Es besteht ja keine Frage, dass wir die Impfquote erhöhen müssen, insbesondere um eine Überlastung der Intensivstationen zu verhindern. Allerdings gilt dabei natürlich auch das Prinzip des mildesten Mittels und ich glaube da gibt es noch Möglichkeiten abseits der Impfpflicht, nämlich eine Entscheidungspflicht.
Eine Entscheidungspflicht könnte so aussehen, dass sich zwar nicht jeder Impfen muss, aber wer sich weigert müsste, nach einem Aufklärungsgespräch durch einen Artzt, unterschreiben
dass er sich der Risiken einer Corona infektion bewusst ist und diese in Kauf nimmt,
dass er im Rahmen einer Patientenverfügung auf lebenserhaltende Maßnahmen (Beatmung) im Falle einer Corona-Infektion verzichtet.
Eine solche Regelung wäre etwas milder als eine generelle Impfpflicht, immerhin besteht weiter die Möglichkeit eines opt-outs. Aber alle, die nur unentschlossen sind würden so gezwungen aktiv zu werden weil das opt-out eine genauso aufwändige Handlung erfordern würde wie das Impfen selbst.
Zuletzt würden die Intensivstationen entlasted, weil 1. sich so hoffentlich nochmal Menschen zur Impfung entschließen würden und 2. Die, die sich absolut weigern ja auf eine Behandlung verzichten würden.
Der Nachteil wäre selbstverständlich, dass einige der (hoffentlich wenigen) verbleibenden Impfverweigerer sterben würden, aber ich finde, wer sich bewusst dazu entscheidet, dem kann ein selbstbestimmter Tod nicht vorenthalten werden.

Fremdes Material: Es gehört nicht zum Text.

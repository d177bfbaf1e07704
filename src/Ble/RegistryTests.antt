-- ===== src/Ble/RegistryTests.antt =====
-- The theorems on the registry and on the framing of bits at concrete inputs, with tests.
use supertooth.Base.{
  ℕ, zero, suc, bit_and, ◌/◌, ◌%◌, ◌>>>◌, at, ◌+◌, ◌-◌, ◌≡◌, ◌≢◌, inl, refl, arith, Bool, true,
  false, Option, none, some, List, [], ◌∷◌, Bytes, get_or, drop,
}
use supertooth.Models.{RxMetadata, BleEvent, no_metadata}
use supertooth.Ble.Whiten.{dewhiten}
use supertooth.Ble.Crc.{extract_crc}
use supertooth.Ble.Crc.Reverse.{air_crc}
use supertooth.Ble.CrcInit.{fresh}
use supertooth.Ble.Registry.{
  collecting, confirmed, Connection, Registry, Host, registry_init, registry_free, conn_find,
  no_connection, no_link, ConnectionState,
}
use supertooth.Ble.Registry.Table.{conn_victim_index}
use supertooth.Ble.Registry.Submit.{submit}
use supertooth.Ble.Registry.Valid.{RegistryIsValid}
use supertooth.Ble.Registry.Accept.{AcceptedWith}
use supertooth.Ble.Registry.Reachable.{Reachable, begun, submitted, Reachable-RegistryIsValid}
use supertooth.Ble.Registry.Marked.{frame_size, frame_pdu, Marked, submit-AcceptedWith}
use supertooth.Ble.Registry.Learn.{data_event, submit-recovers}
use supertooth.Ble.Bitstream.{BleDecoder, no_cand, decoder_init, ble_error, collect_aa, collect_pdu}
use supertooth.Ble.Bitstream.Drain.{drain, rounds_for, push_bit}
use supertooth.Ble.Bitstream.Sound.{BleDecoderIsValid}
use supertooth.Ble.Bitstream.Safety.{
  stored, decoder_init-BleDecoderIsValid, push_bit-BleDecoderIsValid, drain_ends,
}
use supertooth.Ble.Registry.Victim.{NotAfter, conn_victim_index-spares}

abbrev no_names : ℕ → Option Bytes
no_names company = none

abbrev a_number : ℕ → Bool
a_number float = false

abbrev host : Host
host = record {
  grows_conns = λ size. true;
  grows_devices = λ size. true;
  now = 1700000000000;
  conn_made = 1700000000000;
  device_made = λ addr. 1700000000000;
}

abbrev meta : RxMetadata
meta = record no_metadata { radio_sample_rate_hz = 20000000; channel_index = 9 }

abbrev address : ℕ
address = 0x50655d4b

-- A PDU that is no empty one.
abbrev long_pdu : Bytes
long_pdu = 2 ∷ 3 ∷ 0x11 ∷ 0x22 ∷ 0x33 ∷ []

abbrev long_event : BleEvent
long_event = data_event meta address long_pdu 0x123456 []

abbrev start : Registry
start = registry_init 0 fresh

-- The third frame of an address earns it a connection.
abbrev seen : ℕ → Registry
seen zero = start
seen (suc n) = (submit a_number no_names host long_event (seen n)).2

seen-Reachable : (n : ℕ) → Reachable a_number no_names (seen n)
seen-Reachable zero = begun 0 fresh (inl refl)
seen-Reachable (suc n) = submitted host long_event (seen-Reachable n)

not_yet : conn_find address (seen 2) ≡ none
unfolding conn_find submit registry_init air_crc
not_yet = refl

earned : conn_find address (seen 3) ≡ some 0
unfolding conn_find submit registry_init air_crc
earned = refl

earned_state : (get_or (seen 3).conns 0 no_connection).link.state ≡ collecting
unfolding submit registry_init air_crc
earned_state = refl

-- An empty PDU, whitened for another channel.
abbrev other_meta : RxMetadata
other_meta = record meta { channel_index = 21 }

abbrev empty_event : BleEvent
empty_event = data_event other_meta address (1 ∷ 0 ∷ []) 0x123456 (7 ∷ [])

abbrev learned : Registry
learned = (submit a_number no_names host empty_event (seen 3)).2

learned-Reachable : Reachable a_number no_names learned
learned-Reachable = submitted host empty_event (seen-Reachable 3)

submit-recovers_example :
    let s = submit a_number no_names host long_event learned in
    let pdu_bytes = frame_size long_event - 3 in
    (s.0 ≡ 1)
    × (s.1.frame.crc_ok ≡ 1)
    × (s.1.frame.crc_init ≡ 0x123456)
    × AcceptedWith address
        (frame_pdu long_event)
        pdu_bytes
        (extract_crc (drop pdu_bytes (frame_pdu long_event)))
        s.1.frame.crc_init
        s.2
submit-recovers_example =
    submit-recovers a_number no_names host host other_meta meta address (1 ∷ 0 ∷ []) long_pdu
      0x123456 (7 ∷ []) [] (seen 3) 0
      (Reachable-RegistryIsValid a_number no_names (seen 3) (seen-Reachable 3)) (omega arith) earned
      earned_state (omega arith) refl (omega arith) (omega arith)

reported : (submit a_number no_names host long_event learned).0 ≡ 1
reported =
    (submit-recovers a_number no_names host host other_meta meta address (1 ∷ 0 ∷ []) long_pdu
      0x123456 (7 ∷ []) [] (seen 3) 0
      (Reachable-RegistryIsValid a_number no_names (seen 3) (seen-Reachable 3)) (omega arith) earned
      earned_state (omega arith) refl (omega arith) (omega arith)).0

submit-AcceptedWith_example : Marked long_event (submit a_number no_names host long_event learned)
submit-AcceptedWith_example =
    submit-AcceptedWith a_number no_names host long_event learned
      (Reachable-RegistryIsValid a_number no_names learned learned-Reachable) (omega arith) reported

Reachable-RegistryIsValid_example : RegistryIsValid learned
Reachable-RegistryIsValid_example =
    Reachable-RegistryIsValid a_number no_names learned learned-Reachable

-- A table with a confirmed connection, one that has a candidate, and a busy one without.
abbrev row : ℕ → ConnectionState → List ℕ → ℕ → ℕ → Connection
row aa state candidates packets used = record no_connection {
  link = record no_link {
    access_address = aa;
    state = state;
    candidates = candidates;
    packets_seen = packets;
    last_used_seq = used;
  };
}

abbrev table : List Connection
table =
    row 0x50655d4b confirmed [] 3 1
    ∷ row 0x50655d4d collecting (7 ∷ []) 4 9
    ∷ row 0x50655d4e collecting [] 90 50
    ∷ []

conn_victim_index-spares_example :
    let victim = (get_or table (conn_victim_index table) no_connection).link in
    (victim.state ≡ collecting) × NotAfter victim (get_or table 1 no_connection).link
conn_victim_index-spares_example =
    conn_victim_index-spares table 1 (omega arith, (omega arith, (omega arith, tt))) (omega arith)
      refl

busy_one_leaves : conn_victim_index table ≡ 2
unfolding conn_victim_index
busy_one_leaves = refl

-- An advertising frame on channel 37, without data.
abbrev air_bytes : Bytes
air_bytes =
    0xaa
    ∷ 0xd6
    ∷ 0xbe
    ∷ 0x89
    ∷ 0x8e
    ∷ dewhiten (0x42 ∷ 6 ∷ 1 ∷ 2 ∷ 3 ∷ 4 ∷ 5 ∷ 6 ∷ 7 ∷ 8 ∷ 9 ∷ []) 11 37

abbrev air_bit : ℕ → ℕ
air_bit k = bit_and (at air_bytes (k / 8) >>> (k % 8)) 1

-- The machine after the first `n` bits.
fed : ℕ → BleDecoder
unfolding push_bit
fed zero = decoder_init 37
fed (suc n) = (push_bit (fed n) (air_bit n)).1

fed-BleDecoderIsValid : (n : ℕ) → BleDecoderIsValid 37 (fed n)
unfolding fed
fed-BleDecoderIsValid zero = decoder_init-BleDecoderIsValid 37
fed-BleDecoderIsValid (suc n) =
    (push_bit-BleDecoderIsValid 37 (fed n) (air_bit n) (fed-BleDecoderIsValid n)).1

push_bit-BleDecoderIsValid_example :
    ((push_bit (fed 127) (air_bit 127)).0 ≢ ble_error)
    × BleDecoderIsValid 37 (push_bit (fed 127) (air_bit 127)).1
push_bit-BleDecoderIsValid_example =
    push_bit-BleDecoderIsValid 37 (fed 127) (air_bit 127) (fed-BleDecoderIsValid 127)

drain_ends_example :
    ((drain (rounds_for (stored (fed 127) 1)) (stored (fed 127) 1)).0 ≢ none)
    × (drain (5 + rounds_for (stored (fed 127) 1)) (stored (fed 127) 1)
        ≡ drain (rounds_for (stored (fed 127) 1)) (stored (fed 127) 1))
drain_ends_example = drain_ends 37 (fed 127) 1 5 (fed-BleDecoderIsValid 127)

aa_starts : (push_bit (fed 7) (air_bit 7)).1.state ≡ collect_aa
unfolding fed push_bit decoder_init no_cand
aa_starts = refl

pdu_starts : (push_bit (fed 39) (air_bit 39)).1.state ≡ collect_pdu
unfolding fed push_bit decoder_init no_cand
pdu_starts = refl

-- A registry that is started again has no rows.
started_again : (registry_init 0 (registry_free (seen 3)).crc_tables).conns ≡ []
unfolding registry_init registry_free
started_again = refl
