-- ===== src/Bredr/Packed.antt =====
-- Bit fields packed into bytes, least significant bit first: `bredr_get_packed_bit`,
-- `bredr_set_packed_bit`, `bredr_read_packed_field`, `bredr_copy_packed_bits` and
-- `bredr_pack_header_raw` of src/core/protocol/bredr/bredr_codec.c.
pub mod Laws
pub mod Fields
use supertooth.Base.{
  ℕ, zero, suc, ◌+◌, ◌/◌, ◌%◌, bit_and, bit_or, [], Bytes, at, set, take, drop, replicate, ◌++◌,
  ◌==◌, if◌then◌else◌, u8, u32, ◌<<<◌, ◌>>>◌, not,
}

unfoldable pub get_packed_bit : Bytes → ℕ → ℕ
get_packed_bit bytes bit_pos = u8 (bit_and (at bytes (bit_pos / 8) >>> (bit_pos % 8)) 1)

-- A write behind the end of the array, which C leaves undefined, changes nothing.
unfoldable pub set_packed_bit : Bytes → ℕ → ℕ → Bytes
set_packed_bit bytes bit_pos bit =
    let byte_idx = bit_pos / 8 in
    let bit_idx = bit_pos % 8 in
    if bit_and bit 1 == 0
    then bytes
    else set bytes byte_idx (u8 (bit_or (at bytes byte_idx) (u8 (1 <<< bit_idx))))

-- The loop at `i`, with `left` rounds to go.
unfoldable pub read_field_loop : ℕ → ℕ → Bytes → ℕ → ℕ → ℕ
read_field_loop zero i bytes bit_offset value = value
read_field_loop (suc left) i bytes bit_offset value =
    read_field_loop left (i + 1) bytes bit_offset
      (bit_or value (u32 (get_packed_bit bytes (bit_offset + i) <<< i)))

unfoldable pub read_packed_field : Bytes → ℕ → ℕ → ℕ
unfolding read_field_loop get_packed_bit
read_packed_field bytes bit_offset bit_count = read_field_loop bit_count 0 bytes bit_offset 0

-- `memset(dst, 0, n)`.
abbrev pub memset_zero : Bytes → ℕ → Bytes
memset_zero dst n = replicate n 0 ++ drop n dst

-- `for (i = ..; left rounds) bredr_set_packed_bit(dst, i, f(i));`
unfoldable pub write_bits : ℕ → ℕ → (ℕ → ℕ) → Bytes → Bytes
write_bits zero i f dst = dst
write_bits (suc left) i f dst = write_bits left (i + 1) f (set_packed_bit dst i (f i))

pub copy_packed_bits : Bytes → ℕ → ℕ → Bytes → Bytes
copy_packed_bits src bit_off nbits dst =
    write_bits nbits 0 (λ i. get_packed_bit src (bit_off + i)) (memset_zero dst ((nbits + 7) / 8))

-- `packed` has seven bytes. The test in the loop asks for the bit that is written.
unfoldable pub pack_header_raw : ℕ → Bytes → Bytes
unfolding write_bits set_packed_bit
pack_header_raw header_raw packed =
    write_bits 54 0 (λ bit. if bit_and header_raw (1 <<< bit) == 0 then 0 else 1)
      (memset_zero packed 7)
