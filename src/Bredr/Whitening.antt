-- ===== src/Bredr/Whitening.antt =====
-- The whitening of src/core/protocol/bredr/bredr_codec.c: its two tables,
-- `bredr_whitening_index_after_bits` and `bredr_xor_whitening_payload`.
pub mod Register
pub mod Payload
use supertooth.Base.{
  ℕ, zero, suc, ◌+◌, ◌/◌, ◌%◌, bit_and, bit_xor, [], ◌∷◌, Bytes, at, ltb, ◌==◌, if◌then◌else◌, u8,
}
use supertooth.Bredr.Packed.{get_packed_bit, set_packed_bit, memset_zero}

abbrev pub whitening_indices : Bytes
whitening_indices =
    99 ∷ 85 ∷ 17 ∷ 50 ∷ 102 ∷ 58 ∷ 108 ∷ 45 ∷ 92 ∷ 62 ∷ 32 ∷ 118 ∷ 88 ∷ 11 ∷ 80 ∷ 2 ∷ 37 ∷ 69 ∷ 55
    ∷ 8 ∷ 20 ∷ 40 ∷ 74 ∷ 114 ∷ 15 ∷ 106 ∷ 30 ∷ 78 ∷ 53 ∷ 72 ∷ 28 ∷ 26 ∷ 68 ∷ 7 ∷ 39 ∷ 113 ∷ 105 ∷ 77
    ∷ 71 ∷ 25 ∷ 84 ∷ 49 ∷ 57 ∷ 44 ∷ 61 ∷ 117 ∷ 10 ∷ 1 ∷ 123 ∷ 124 ∷ 22 ∷ 125 ∷ 111 ∷ 23 ∷ 42 ∷ 126
    ∷ 6 ∷ 112 ∷ 76 ∷ 24 ∷ 48 ∷ 43 ∷ 116 ∷ 0 ∷ []

abbrev pub whitening_data : Bytes
whitening_data =
    1 ∷ 1 ∷ 1 ∷ 0 ∷ 0 ∷ 0 ∷ 1 ∷ 1 ∷ 1 ∷ 0 ∷ 1 ∷ 1 ∷ 0 ∷ 0 ∷ 0 ∷ 1 ∷ 0 ∷ 1 ∷ 0 ∷ 0 ∷ 1 ∷ 0 ∷ 1 ∷ 1
    ∷ 1 ∷ 1 ∷ 1 ∷ 0 ∷ 1 ∷ 0 ∷ 1 ∷ 0 ∷ 1 ∷ 0 ∷ 0 ∷ 0 ∷ 0 ∷ 1 ∷ 0 ∷ 1 ∷ 1 ∷ 0 ∷ 1 ∷ 1 ∷ 1 ∷ 1 ∷ 0 ∷ 0
    ∷ 1 ∷ 1 ∷ 1 ∷ 0 ∷ 0 ∷ 1 ∷ 0 ∷ 1 ∷ 0 ∷ 1 ∷ 1 ∷ 0 ∷ 0 ∷ 1 ∷ 1 ∷ 0 ∷ 0 ∷ 0 ∷ 0 ∷ 0 ∷ 1 ∷ 1 ∷ 0 ∷ 1
    ∷ 1 ∷ 0 ∷ 1 ∷ 0 ∷ 1 ∷ 1 ∷ 1 ∷ 0 ∷ 1 ∷ 0 ∷ 0 ∷ 0 ∷ 1 ∷ 1 ∷ 0 ∷ 0 ∷ 1 ∷ 0 ∷ 0 ∷ 0 ∷ 1 ∷ 0 ∷ 0 ∷ 0
    ∷ 0 ∷ 0 ∷ 0 ∷ 1 ∷ 0 ∷ 0 ∷ 1 ∷ 0 ∷ 0 ∷ 1 ∷ 1 ∷ 0 ∷ 1 ∷ 0 ∷ 0 ∷ 1 ∷ 1 ∷ 1 ∷ 1 ∷ 0 ∷ 1 ∷ 1 ∷ 1 ∷ 0
    ∷ 0 ∷ 0 ∷ 0 ∷ 1 ∷ 1 ∷ 1 ∷ 1 ∷ []

unfoldable pub whitening_index_after_bits : ℕ → ℕ → ℕ
whitening_index_after_bits clk6 logical_bits =
    (at whitening_indices (bit_and clk6 0x3f) + logical_bits) % 127

-- The loop at `bit_pos` with the running index, with `left` bits of the source to go. It stops
-- where the target ends.
unfoldable pub xor_loop : ℕ → ℕ → ℕ → Bytes → ℕ → Bytes → Bytes
xor_loop zero bit_pos index src_air bytes dst = dst
xor_loop (suc left) bit_pos index src_air bytes dst =
    let bit = bit_xor (get_packed_bit src_air bit_pos) (at whitening_data index) in
    let rest =
      xor_loop left (bit_pos + 1) ((index + 1) % 127) src_air bytes
        (set_packed_bit dst bit_pos bit) in
    if ltb (bit_pos / 8) bytes then rest else dst

-- The number of bytes that is returned, and the target.
unfoldable pub xor_whitening_payload : Bytes → ℕ → ℕ → ℕ → Bytes → ℕ → ℕ × Bytes
unfolding xor_loop
xor_whitening_payload src_air src_air_bits clk6 logical_offset_bits dst dst_capacity =
    let wanted = (src_air_bits + 7) / 8 in
    let bytes = if ltb dst_capacity wanted then dst_capacity else wanted in
    let index = whitening_index_after_bits clk6 logical_offset_bits in
    if dst_capacity == 0
    then (0, dst)
    else (bytes, xor_loop src_air_bits 0 index src_air bytes (memset_zero dst bytes))
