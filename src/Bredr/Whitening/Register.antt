-- ===== src/Bredr/Whitening/Register.antt =====
-- The whitening tables against the register that the Bluetooth specification gives:
-- x⁷ + x⁴ + 1, started with the clock bits and a one on top.
use supertooth.Base.{
  ℕ, zero, suc, ◌+◌, ◌*◌, ◌/◌, ◌%◌, ◌<◌, ◌≡◌, refl, sym, ap, ◌∙◌, arith, bit_and, bit_xor, Bool,
  true, at, ◌==◌, ==_iff, all_below, all_below_sound, if◌then◌else◌,
}
use supertooth.Base.Masks.{mask_ones}
use supertooth.Bredr.Whitening.{whitening_indices, whitening_data, whitening_index_after_bits}

-- The bit that the register gives, and its next state.
unfoldable pub register_bit : ℕ → ℕ
register_bit r = r / 64 % 2

pub register_bit-lt : (r : ℕ) → register_bit r < 2
unfolding register_bit
register_bit-lt r = omega arith

unfoldable pub register_next : ℕ → ℕ
register_next r =
    let shifted = r * 2 % 128 in if register_bit r == 0 then shifted else bit_xor shifted 0x11

-- The state after `n` bits.
unfoldable pub run : ℕ → ℕ → ℕ
run zero r = r
run (suc n) r = run n (register_next r)

-- Bit `n` of the whitening word for a clock.
abbrev pub whitening_bit : ℕ → ℕ → ℕ
whitening_bit clk6 n = register_bit (run n (64 + clk6 % 64))

pub run-add : (m n r : ℕ) → run (m + n) r ≡ run n (run m r)
unfolding run
run-add zero n r = let e : 0 + n ≡ n = omega arith in ap (λ t. run t r) e
run-add (suc m) n r =
    let e : suc m + n ≡ suc (m + n) = omega arith in
    ap (λ t. run t r) e ∙ run-add m n (register_next r)

-- The tables are read along the orbit of the state 127, at which the first table has index 0.
abbrev data_right : ℕ → Bool
data_right j = at whitening_data j == register_bit (run j 127)

data_table : all_below 127 data_right ≡ true
unfolding run register_next register_bit
data_table = refl

abbrev index_right : ℕ → Bool
index_right c = run (at whitening_indices c) 127 == 64 + c

index_table : all_below 64 index_right ≡ true
unfolding run register_next register_bit
index_table = refl

run_period : run 127 127 ≡ 127
unfolding run register_next register_bit
run_period = refl

run_cycles : (q n : ℕ) → run (q * 127 + n) 127 ≡ run n 127
run_cycles zero n = let e : 0 * 127 + n ≡ n = omega arith in ap (λ t. run t 127) e
run_cycles (suc q) n =
    let e : suc q * 127 + n ≡ 127 + (q * 127 + n) = omega arith in
    ap (λ t. run t 127) e
    ∙ run-add 127 (q * 127 + n) 127
    ∙ ap (run (q * 127 + n)) run_period
    ∙ run_cycles q n

run-mod : (n : ℕ) → run (n % 127) 127 ≡ run n 127
run-mod n =
    let e : n / 127 * 127 + n % 127 ≡ n = omega arith in
    sym (run_cycles (n / 127) (n % 127)) ∙ ap (λ t. run t 127) e

-- Read at the index for a clock and an offset, the table gives the register's bit at that offset,
-- at every offset.
pub whitening_data-register :
    (clk6 n : ℕ) → at whitening_data (whitening_index_after_bits clk6 n) ≡ whitening_bit clk6 n
unfolding whitening_index_after_bits
whitening_data-register clk6 n =
    let c = bit_and clk6 0x3f in
    let i = at whitening_indices c in
    let clock : c ≡ clk6 % 64 = mask_ones 6 clk6 in
    let started : run i 127 ≡ 64 + c =
      (==_iff (run i 127) (64 + c)).0
        (all_below_sound 64 index_right c index_table (omega arith)) in
    (==_iff (at whitening_data ((i + n) % 127)) (register_bit (run ((i + n) % 127) 127))).0
      (all_below_sound 127 data_right ((i + n) % 127) data_table (omega arith))
    ∙ ap register_bit
        (run-mod (i + n) ∙ run-add i n 127 ∙ ap (run n) (started ∙ ap (λ t. 64 + t) clock))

Viele Impfgegner sind glaube ich mittlerweile so verstrahlt, dass sie so etwas unterschreiben, um ihre „Freiheit“ zurückzuerlangen. Die Lösung ist ethisch zugegebenermaßen nicht einwandfrei, ist aber immerhin besser als wenn Leute sich Impfpässe fälschen und dann auf der Intensivstation landen.
Und wenn beides abgelehnt wird? Was machen wir dann? Das ist ja auch die ganze Krux mit der „Impfpflicht“. Binden wir dann Menschen am Stuhl fest und verpassen ihnen eine Impfung? Wieviel Gewalt will man anwenden? Denkt das doch mal zu Ende.
Nach der Logik kann man das auch mit Rauchern, Alkohol- und Drogenkonsumenten machen, Menschen die übergewichtig sind, oder nicht genug Sport treiben … was sind das für menschenverachtende Argumente hier?
Das hat mit Menschenverachtung nichts zu tun - es ist einfach eine Frage, die gesellschaftlich verhandelt werden muss: Welche Risiken möchten wir kollektivieren, d.h. gemeinschaftlich tragen - und für welche Risiken muss jeder Mensch für sich einstehen?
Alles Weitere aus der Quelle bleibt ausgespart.